Task to carry out:
Below are some records; find each line that carries the word "take" and copy it.

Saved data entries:
* * * * *

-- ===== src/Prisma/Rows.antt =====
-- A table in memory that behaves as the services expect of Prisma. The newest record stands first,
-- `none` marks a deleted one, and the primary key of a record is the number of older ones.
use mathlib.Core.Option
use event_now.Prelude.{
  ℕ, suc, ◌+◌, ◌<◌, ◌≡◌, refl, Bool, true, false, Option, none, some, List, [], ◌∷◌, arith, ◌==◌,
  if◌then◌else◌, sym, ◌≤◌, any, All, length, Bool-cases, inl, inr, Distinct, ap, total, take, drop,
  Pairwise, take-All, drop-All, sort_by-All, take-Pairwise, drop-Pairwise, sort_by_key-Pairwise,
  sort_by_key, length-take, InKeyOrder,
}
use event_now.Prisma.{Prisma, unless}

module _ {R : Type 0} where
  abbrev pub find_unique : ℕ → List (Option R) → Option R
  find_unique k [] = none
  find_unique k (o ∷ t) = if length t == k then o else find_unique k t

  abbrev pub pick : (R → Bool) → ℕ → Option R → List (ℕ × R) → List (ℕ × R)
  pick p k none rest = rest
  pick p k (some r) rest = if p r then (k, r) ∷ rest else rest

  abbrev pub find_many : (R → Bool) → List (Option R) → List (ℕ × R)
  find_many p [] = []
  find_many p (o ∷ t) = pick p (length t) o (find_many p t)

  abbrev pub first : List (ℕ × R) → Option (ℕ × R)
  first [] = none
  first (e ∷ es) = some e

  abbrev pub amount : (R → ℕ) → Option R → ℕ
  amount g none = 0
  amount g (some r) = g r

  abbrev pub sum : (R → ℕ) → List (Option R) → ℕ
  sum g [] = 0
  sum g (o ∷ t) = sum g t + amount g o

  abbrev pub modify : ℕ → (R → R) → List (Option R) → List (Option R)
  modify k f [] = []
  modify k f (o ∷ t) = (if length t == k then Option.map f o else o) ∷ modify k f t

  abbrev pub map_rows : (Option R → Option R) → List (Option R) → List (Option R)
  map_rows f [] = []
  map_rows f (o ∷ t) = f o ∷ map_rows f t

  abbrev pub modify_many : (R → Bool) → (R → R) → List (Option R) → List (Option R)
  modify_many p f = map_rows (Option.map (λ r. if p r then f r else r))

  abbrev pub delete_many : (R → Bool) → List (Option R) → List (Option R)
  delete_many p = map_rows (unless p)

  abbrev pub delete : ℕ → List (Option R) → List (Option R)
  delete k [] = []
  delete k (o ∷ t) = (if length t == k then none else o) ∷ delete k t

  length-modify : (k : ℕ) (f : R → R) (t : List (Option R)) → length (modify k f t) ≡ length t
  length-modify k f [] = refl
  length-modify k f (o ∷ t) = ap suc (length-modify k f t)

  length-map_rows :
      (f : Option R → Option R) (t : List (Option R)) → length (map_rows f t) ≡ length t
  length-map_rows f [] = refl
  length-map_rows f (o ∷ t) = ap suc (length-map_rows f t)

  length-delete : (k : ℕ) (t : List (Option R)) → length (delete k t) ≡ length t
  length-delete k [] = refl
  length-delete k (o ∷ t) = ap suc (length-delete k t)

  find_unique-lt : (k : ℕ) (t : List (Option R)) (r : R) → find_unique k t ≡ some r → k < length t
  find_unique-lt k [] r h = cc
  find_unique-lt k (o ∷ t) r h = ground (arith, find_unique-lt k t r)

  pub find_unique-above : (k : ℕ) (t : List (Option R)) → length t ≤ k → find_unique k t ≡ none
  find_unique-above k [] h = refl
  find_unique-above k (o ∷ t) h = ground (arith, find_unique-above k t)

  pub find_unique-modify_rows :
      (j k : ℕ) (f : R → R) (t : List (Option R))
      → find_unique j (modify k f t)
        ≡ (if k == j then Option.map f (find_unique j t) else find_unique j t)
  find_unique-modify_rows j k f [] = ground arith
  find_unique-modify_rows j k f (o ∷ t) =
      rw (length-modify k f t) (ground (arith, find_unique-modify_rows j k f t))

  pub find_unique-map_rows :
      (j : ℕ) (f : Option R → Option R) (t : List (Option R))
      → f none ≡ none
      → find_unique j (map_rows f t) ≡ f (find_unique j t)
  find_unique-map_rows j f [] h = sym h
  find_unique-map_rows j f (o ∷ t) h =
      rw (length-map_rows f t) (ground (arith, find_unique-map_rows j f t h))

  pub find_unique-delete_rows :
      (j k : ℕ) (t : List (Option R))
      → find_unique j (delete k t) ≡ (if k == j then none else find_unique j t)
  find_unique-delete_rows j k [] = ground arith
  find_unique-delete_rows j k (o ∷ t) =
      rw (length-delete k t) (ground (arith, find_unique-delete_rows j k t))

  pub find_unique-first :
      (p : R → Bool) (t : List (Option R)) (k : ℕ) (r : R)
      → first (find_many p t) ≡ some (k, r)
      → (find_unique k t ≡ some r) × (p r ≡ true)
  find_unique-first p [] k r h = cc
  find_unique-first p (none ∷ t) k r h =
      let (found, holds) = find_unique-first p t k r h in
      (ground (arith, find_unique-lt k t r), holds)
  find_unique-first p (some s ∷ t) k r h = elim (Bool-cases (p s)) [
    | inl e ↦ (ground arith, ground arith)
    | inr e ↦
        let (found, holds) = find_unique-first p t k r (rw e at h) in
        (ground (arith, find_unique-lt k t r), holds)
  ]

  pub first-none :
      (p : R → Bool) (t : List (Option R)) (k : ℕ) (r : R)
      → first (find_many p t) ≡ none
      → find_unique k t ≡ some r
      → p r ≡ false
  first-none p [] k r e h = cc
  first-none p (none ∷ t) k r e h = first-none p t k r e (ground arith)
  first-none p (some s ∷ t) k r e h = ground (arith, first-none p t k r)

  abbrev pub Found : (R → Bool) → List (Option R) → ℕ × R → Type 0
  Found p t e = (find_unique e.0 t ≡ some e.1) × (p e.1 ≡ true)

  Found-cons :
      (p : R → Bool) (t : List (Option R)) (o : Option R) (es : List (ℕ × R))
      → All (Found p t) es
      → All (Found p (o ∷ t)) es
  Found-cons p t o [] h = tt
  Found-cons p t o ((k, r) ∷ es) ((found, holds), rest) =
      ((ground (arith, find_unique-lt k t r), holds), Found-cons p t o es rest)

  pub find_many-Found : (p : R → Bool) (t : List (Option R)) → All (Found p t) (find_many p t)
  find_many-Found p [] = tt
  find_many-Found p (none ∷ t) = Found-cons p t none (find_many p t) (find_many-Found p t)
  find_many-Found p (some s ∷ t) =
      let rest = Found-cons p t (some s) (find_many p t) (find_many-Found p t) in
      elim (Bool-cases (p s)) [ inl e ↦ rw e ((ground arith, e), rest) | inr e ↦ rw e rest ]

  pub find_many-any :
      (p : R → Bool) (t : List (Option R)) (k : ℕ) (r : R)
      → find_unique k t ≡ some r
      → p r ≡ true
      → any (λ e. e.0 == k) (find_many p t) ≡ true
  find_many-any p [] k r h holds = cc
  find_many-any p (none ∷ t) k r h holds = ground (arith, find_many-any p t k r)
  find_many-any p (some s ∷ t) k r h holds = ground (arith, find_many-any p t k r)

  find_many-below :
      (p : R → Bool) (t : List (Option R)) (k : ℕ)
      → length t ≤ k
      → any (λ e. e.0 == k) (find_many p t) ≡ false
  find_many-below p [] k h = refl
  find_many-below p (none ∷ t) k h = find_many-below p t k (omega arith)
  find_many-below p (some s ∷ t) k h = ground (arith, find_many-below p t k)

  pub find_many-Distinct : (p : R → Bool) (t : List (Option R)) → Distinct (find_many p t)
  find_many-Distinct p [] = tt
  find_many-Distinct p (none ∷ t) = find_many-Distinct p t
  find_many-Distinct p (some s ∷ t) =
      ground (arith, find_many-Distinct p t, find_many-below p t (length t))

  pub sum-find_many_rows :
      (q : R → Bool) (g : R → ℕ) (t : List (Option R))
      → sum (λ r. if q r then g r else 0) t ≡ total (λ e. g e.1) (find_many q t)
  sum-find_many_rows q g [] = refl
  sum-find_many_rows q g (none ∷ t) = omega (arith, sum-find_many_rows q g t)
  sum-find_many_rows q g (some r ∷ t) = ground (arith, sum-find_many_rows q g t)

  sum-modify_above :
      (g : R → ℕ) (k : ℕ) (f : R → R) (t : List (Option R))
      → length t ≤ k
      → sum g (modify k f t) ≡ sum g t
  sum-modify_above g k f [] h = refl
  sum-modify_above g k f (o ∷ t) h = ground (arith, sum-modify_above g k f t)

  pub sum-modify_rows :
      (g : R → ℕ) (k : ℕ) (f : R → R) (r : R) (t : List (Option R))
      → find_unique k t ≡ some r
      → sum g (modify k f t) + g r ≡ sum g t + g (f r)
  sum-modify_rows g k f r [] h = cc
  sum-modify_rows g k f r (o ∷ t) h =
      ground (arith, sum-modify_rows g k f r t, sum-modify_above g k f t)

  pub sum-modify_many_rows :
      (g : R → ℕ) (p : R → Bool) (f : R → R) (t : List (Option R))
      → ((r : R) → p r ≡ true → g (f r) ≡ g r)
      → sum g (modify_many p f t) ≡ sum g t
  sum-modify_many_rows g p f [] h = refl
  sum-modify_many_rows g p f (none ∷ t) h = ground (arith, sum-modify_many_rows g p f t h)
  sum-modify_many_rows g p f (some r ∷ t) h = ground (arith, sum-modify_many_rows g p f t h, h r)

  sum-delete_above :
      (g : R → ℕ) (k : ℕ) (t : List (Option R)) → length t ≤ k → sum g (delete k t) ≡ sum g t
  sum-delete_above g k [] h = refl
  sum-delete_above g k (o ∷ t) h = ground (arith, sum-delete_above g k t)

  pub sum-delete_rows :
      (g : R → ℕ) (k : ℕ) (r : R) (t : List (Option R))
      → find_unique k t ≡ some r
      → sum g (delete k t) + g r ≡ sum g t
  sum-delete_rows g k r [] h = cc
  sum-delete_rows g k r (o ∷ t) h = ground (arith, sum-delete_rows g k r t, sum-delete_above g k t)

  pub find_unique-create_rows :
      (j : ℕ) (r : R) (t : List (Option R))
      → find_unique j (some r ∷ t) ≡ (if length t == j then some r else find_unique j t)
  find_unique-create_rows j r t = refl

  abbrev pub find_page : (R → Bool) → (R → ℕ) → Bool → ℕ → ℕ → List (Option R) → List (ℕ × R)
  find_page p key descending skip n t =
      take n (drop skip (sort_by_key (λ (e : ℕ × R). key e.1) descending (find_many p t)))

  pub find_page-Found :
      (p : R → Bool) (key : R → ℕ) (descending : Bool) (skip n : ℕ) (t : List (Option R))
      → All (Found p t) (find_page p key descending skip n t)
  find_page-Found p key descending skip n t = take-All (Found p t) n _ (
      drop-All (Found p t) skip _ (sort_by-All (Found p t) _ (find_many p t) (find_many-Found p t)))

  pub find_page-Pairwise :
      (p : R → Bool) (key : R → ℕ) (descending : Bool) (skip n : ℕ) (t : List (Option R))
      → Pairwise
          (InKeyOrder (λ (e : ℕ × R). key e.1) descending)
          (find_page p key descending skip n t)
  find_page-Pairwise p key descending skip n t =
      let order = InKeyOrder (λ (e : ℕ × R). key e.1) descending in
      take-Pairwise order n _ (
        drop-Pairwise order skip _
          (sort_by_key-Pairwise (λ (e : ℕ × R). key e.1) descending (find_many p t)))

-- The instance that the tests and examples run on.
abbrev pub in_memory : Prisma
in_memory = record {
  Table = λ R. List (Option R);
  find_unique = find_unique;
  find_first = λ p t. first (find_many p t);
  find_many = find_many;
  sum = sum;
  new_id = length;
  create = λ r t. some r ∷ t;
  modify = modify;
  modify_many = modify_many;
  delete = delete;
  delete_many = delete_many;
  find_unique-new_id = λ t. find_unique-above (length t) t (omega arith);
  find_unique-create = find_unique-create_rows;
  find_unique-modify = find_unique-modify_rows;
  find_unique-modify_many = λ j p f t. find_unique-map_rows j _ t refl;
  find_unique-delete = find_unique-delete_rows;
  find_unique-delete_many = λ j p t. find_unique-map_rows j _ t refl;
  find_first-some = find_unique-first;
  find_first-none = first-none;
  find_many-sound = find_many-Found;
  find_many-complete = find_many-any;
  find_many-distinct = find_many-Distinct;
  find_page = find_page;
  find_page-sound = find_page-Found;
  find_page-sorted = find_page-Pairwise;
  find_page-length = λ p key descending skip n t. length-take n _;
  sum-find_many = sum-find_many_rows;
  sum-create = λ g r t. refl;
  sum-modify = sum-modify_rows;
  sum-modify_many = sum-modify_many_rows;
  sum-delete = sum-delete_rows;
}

* * * * *

Exercise response:
  if◌then◌else◌, sym, ◌≤◌, any, All, length, Bool-cases, inl, inr, Distinct, ap, total, take, drop,
  Pairwise, take-All, drop-All, sort_by-All, take-Pairwise, drop-Pairwise, sort_by_key-Pairwise,
  sort_by_key, length-take, InKeyOrder,
      take n (drop skip (sort_by_key (λ (e : ℕ × R). key e.1) descending (find_many p t)))
  find_page-Found p key descending skip n t = take-All (Found p t) n _ (
      take-Pairwise order n _ (
  find_page-length = λ p key descending skip n t. length-take n _;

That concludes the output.